PROBLEM DESCRIPTION: Give again the entries below exactly, beginning at the first line and ending at the line with "watermark = some".

+===+

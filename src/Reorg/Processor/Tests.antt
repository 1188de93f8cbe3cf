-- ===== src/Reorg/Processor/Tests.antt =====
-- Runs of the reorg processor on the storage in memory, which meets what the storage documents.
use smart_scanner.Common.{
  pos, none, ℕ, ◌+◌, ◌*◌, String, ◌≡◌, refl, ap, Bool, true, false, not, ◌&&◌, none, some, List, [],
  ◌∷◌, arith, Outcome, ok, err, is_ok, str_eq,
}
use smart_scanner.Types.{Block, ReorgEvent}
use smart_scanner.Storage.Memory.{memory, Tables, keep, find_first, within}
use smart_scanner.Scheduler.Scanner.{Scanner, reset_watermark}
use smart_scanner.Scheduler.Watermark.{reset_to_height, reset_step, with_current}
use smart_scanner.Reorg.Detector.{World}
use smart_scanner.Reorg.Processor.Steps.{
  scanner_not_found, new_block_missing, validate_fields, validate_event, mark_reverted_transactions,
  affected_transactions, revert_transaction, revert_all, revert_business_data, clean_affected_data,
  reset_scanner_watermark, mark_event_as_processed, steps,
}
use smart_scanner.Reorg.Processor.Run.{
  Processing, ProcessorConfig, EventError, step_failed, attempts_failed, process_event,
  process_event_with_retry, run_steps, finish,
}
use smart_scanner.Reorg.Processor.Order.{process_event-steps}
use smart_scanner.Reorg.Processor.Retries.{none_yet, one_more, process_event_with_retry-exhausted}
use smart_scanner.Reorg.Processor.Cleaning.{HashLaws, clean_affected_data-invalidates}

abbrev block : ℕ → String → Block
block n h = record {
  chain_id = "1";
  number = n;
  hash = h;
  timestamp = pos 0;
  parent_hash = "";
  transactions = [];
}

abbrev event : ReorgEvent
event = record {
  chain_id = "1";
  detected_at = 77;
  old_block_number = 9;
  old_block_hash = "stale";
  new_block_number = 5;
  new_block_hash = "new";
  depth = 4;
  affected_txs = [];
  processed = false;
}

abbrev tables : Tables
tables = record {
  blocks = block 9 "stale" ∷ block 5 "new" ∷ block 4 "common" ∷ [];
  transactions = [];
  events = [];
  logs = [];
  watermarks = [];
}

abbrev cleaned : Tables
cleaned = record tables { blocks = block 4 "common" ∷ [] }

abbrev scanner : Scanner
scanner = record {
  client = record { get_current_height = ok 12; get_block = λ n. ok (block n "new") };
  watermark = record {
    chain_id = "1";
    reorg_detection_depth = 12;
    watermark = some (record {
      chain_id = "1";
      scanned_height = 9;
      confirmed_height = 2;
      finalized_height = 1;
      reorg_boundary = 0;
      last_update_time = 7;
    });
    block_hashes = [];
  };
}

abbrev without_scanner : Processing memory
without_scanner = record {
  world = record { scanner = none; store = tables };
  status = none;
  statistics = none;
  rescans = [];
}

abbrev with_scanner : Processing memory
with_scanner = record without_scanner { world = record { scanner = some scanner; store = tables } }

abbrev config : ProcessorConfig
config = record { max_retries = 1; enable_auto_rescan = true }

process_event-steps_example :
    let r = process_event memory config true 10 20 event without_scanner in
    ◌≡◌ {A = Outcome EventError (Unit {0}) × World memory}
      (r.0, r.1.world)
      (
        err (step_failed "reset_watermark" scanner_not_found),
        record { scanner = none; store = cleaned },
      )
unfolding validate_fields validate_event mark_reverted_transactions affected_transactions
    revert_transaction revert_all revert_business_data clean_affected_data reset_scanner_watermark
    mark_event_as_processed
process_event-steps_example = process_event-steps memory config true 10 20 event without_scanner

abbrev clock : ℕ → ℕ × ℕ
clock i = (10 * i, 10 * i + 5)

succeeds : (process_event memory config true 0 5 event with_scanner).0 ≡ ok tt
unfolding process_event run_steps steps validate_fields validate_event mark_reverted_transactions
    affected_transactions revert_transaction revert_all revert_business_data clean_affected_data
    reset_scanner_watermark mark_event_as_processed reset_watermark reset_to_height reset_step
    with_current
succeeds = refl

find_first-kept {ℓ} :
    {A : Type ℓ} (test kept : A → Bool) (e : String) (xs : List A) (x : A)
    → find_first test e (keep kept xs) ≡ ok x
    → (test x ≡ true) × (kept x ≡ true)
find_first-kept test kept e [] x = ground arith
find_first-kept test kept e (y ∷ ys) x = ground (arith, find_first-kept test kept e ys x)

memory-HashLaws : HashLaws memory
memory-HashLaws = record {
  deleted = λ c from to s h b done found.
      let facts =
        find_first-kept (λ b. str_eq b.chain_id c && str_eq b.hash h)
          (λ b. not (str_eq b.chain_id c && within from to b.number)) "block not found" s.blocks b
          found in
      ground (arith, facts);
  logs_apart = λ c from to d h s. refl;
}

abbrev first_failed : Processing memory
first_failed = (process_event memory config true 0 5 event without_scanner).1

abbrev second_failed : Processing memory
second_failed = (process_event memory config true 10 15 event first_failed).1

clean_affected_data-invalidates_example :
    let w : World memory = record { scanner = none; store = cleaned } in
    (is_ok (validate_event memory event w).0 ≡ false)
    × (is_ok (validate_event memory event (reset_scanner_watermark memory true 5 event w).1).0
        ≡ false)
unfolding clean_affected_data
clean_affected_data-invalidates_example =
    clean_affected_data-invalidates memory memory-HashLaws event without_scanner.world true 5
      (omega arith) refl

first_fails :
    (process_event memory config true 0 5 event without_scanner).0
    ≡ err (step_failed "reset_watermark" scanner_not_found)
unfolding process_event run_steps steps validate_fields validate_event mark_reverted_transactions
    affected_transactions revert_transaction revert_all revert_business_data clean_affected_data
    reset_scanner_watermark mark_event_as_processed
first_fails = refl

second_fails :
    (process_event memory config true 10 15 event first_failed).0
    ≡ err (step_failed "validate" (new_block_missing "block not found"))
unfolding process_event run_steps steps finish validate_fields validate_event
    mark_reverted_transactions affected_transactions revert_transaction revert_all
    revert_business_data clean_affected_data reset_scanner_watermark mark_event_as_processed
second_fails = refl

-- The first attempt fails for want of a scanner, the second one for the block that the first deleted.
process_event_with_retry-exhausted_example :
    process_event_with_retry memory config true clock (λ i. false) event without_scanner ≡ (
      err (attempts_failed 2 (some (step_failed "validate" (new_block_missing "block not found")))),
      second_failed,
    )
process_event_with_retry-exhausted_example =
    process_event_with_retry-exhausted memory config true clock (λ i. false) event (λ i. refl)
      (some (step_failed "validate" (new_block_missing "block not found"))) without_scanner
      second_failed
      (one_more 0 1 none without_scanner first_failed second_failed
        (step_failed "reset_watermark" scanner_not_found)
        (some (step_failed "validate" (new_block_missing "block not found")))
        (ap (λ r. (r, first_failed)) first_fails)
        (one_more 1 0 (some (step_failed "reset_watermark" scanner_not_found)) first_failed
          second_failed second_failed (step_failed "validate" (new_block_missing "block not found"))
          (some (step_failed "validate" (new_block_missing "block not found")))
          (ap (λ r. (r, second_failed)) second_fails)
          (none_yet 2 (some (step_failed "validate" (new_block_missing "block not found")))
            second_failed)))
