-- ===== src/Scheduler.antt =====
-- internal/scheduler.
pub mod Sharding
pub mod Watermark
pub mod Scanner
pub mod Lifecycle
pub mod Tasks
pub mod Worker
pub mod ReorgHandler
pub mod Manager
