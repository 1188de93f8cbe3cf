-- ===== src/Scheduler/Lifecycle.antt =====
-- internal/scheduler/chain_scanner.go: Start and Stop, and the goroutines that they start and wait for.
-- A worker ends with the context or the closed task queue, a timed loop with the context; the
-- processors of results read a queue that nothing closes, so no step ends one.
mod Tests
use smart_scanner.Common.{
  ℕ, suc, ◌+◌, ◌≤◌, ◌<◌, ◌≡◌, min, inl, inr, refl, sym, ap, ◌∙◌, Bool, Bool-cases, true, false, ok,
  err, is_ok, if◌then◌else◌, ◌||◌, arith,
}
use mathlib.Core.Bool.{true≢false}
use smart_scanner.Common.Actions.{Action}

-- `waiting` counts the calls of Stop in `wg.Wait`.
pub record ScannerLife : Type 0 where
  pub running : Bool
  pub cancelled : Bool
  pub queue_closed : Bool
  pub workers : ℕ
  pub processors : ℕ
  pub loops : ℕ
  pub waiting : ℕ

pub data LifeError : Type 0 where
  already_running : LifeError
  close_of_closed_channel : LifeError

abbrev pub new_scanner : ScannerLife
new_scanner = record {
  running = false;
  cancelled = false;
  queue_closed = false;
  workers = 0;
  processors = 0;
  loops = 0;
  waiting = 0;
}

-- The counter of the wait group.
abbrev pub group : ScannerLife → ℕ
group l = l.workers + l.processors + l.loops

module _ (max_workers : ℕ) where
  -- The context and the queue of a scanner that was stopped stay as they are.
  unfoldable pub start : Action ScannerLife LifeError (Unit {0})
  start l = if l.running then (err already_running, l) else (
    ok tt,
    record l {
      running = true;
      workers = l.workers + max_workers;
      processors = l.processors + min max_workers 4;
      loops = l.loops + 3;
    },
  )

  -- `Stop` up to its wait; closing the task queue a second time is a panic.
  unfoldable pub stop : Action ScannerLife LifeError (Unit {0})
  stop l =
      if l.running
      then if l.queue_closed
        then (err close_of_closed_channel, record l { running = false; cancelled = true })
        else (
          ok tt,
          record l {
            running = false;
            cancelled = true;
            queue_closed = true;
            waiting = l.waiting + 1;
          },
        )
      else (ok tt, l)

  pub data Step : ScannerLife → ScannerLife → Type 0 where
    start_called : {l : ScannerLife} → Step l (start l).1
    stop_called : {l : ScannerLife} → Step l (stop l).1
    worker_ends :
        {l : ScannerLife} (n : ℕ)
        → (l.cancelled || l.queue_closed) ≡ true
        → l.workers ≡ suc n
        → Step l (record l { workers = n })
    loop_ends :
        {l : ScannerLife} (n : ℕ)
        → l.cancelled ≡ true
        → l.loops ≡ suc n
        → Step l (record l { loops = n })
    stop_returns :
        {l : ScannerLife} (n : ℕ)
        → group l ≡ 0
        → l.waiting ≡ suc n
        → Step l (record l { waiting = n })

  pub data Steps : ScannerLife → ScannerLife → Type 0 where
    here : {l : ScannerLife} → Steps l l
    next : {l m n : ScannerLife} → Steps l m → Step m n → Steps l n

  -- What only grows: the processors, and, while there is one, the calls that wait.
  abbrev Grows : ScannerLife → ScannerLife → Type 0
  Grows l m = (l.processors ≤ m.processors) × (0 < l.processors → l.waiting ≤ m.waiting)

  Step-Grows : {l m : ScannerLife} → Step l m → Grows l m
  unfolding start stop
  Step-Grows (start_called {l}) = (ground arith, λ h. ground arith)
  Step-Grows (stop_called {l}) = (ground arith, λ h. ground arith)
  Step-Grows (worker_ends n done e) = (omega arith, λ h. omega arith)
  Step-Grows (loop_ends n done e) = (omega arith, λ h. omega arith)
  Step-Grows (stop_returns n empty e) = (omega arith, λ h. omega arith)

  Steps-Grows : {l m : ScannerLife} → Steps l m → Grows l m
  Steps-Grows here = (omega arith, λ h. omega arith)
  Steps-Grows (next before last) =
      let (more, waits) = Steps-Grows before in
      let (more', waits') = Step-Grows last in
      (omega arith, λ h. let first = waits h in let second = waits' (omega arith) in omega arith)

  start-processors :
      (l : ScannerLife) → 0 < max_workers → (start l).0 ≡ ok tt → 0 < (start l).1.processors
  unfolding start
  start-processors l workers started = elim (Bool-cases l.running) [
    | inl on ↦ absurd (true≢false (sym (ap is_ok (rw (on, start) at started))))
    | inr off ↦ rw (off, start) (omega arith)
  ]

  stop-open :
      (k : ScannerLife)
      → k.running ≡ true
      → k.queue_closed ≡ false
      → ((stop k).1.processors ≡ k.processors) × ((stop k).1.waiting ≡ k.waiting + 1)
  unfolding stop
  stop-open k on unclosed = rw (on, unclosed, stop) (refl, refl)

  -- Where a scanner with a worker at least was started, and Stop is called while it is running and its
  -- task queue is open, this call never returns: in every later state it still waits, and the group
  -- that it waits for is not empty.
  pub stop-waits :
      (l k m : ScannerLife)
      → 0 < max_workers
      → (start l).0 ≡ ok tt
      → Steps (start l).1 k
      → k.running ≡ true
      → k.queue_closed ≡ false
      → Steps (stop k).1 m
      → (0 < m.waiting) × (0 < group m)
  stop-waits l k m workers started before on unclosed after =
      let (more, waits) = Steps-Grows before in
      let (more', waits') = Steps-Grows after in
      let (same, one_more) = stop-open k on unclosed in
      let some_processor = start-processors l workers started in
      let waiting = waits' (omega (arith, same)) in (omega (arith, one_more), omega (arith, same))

+===+

RESULT OF THE EXERCISE:
filename src/Reorg/Processor/Tests.antt
repository 1188de93f8cbe3cf
-- ===== src/Reorg/Processor/Tests.antt =====
-- Runs of the reorg processor on the storage in memory, which meets what the storage documents.
use smart_scanner.Common.{
  pos, none, ℕ, ◌+◌, ◌*◌, String, ◌≡◌, refl, ap, Bool, true, false, not, ◌&&◌, none, some, List, [],
  ◌∷◌, arith, Outcome, ok, err, is_ok, str_eq,
}
use smart_scanner.Types.{Block, ReorgEvent}
use smart_scanner.Storage.Memory.{memory, Tables, keep, find_first, within}
use smart_scanner.Scheduler.Scanner.{Scanner, reset_watermark}
use smart_scanner.Scheduler.Watermark.{reset_to_height, reset_step, with_current}
use smart_scanner.Reorg.Detector.{World}
use smart_scanner.Reorg.Processor.Steps.{
  scanner_not_found, new_block_missing, validate_fields, validate_event, mark_reverted_transactions,
  affected_transactions, revert_transaction, revert_all, revert_business_data, clean_affected_data,
  reset_scanner_watermark, mark_event_as_processed, steps,
}
use smart_scanner.Reorg.Processor.Run.{
  Processing, ProcessorConfig, EventError, step_failed, attempts_failed, process_event,
  process_event_with_retry, run_steps, finish,
}
use smart_scanner.Reorg.Processor.Order.{process_event-steps}
use smart_scanner.Reorg.Processor.Retries.{none_yet, one_more, process_event_with_retry-exhausted}
use smart_scanner.Reorg.Processor.Cleaning.{HashLaws, clean_affected_data-invalidates}

abbrev block : ℕ → String → Block
block n h = record {
  chain_id = "1";
  number = n;
  hash = h;
  timestamp = pos 0;
  parent_hash = "";
  transactions = [];
}

abbrev event : ReorgEvent
event = record {
  chain_id = "1";
  detected_at = 77;
  old_block_number = 9;
  old_block_hash = "stale";
  new_block_number = 5;
  new_block_hash = "new";
  depth = 4;
  affected_txs = [];
  processed = false;
}

abbrev tables : Tables
tables = record {
  blocks = block 9 "stale" ∷ block 5 "new" ∷ block 4 "common" ∷ [];
  transactions = [];
  events = [];
  logs = [];
  watermarks = [];
}

abbrev cleaned : Tables
cleaned = record tables { blocks = block 4 "common" ∷ [] }

abbrev scanner : Scanner
scanner = record {
  client = record { get_current_height = ok 12; get_block = λ n. ok (block n "new") };
  watermark = record {
    chain_id = "1";
    reorg_detection_depth = 12;
    watermark = some (record {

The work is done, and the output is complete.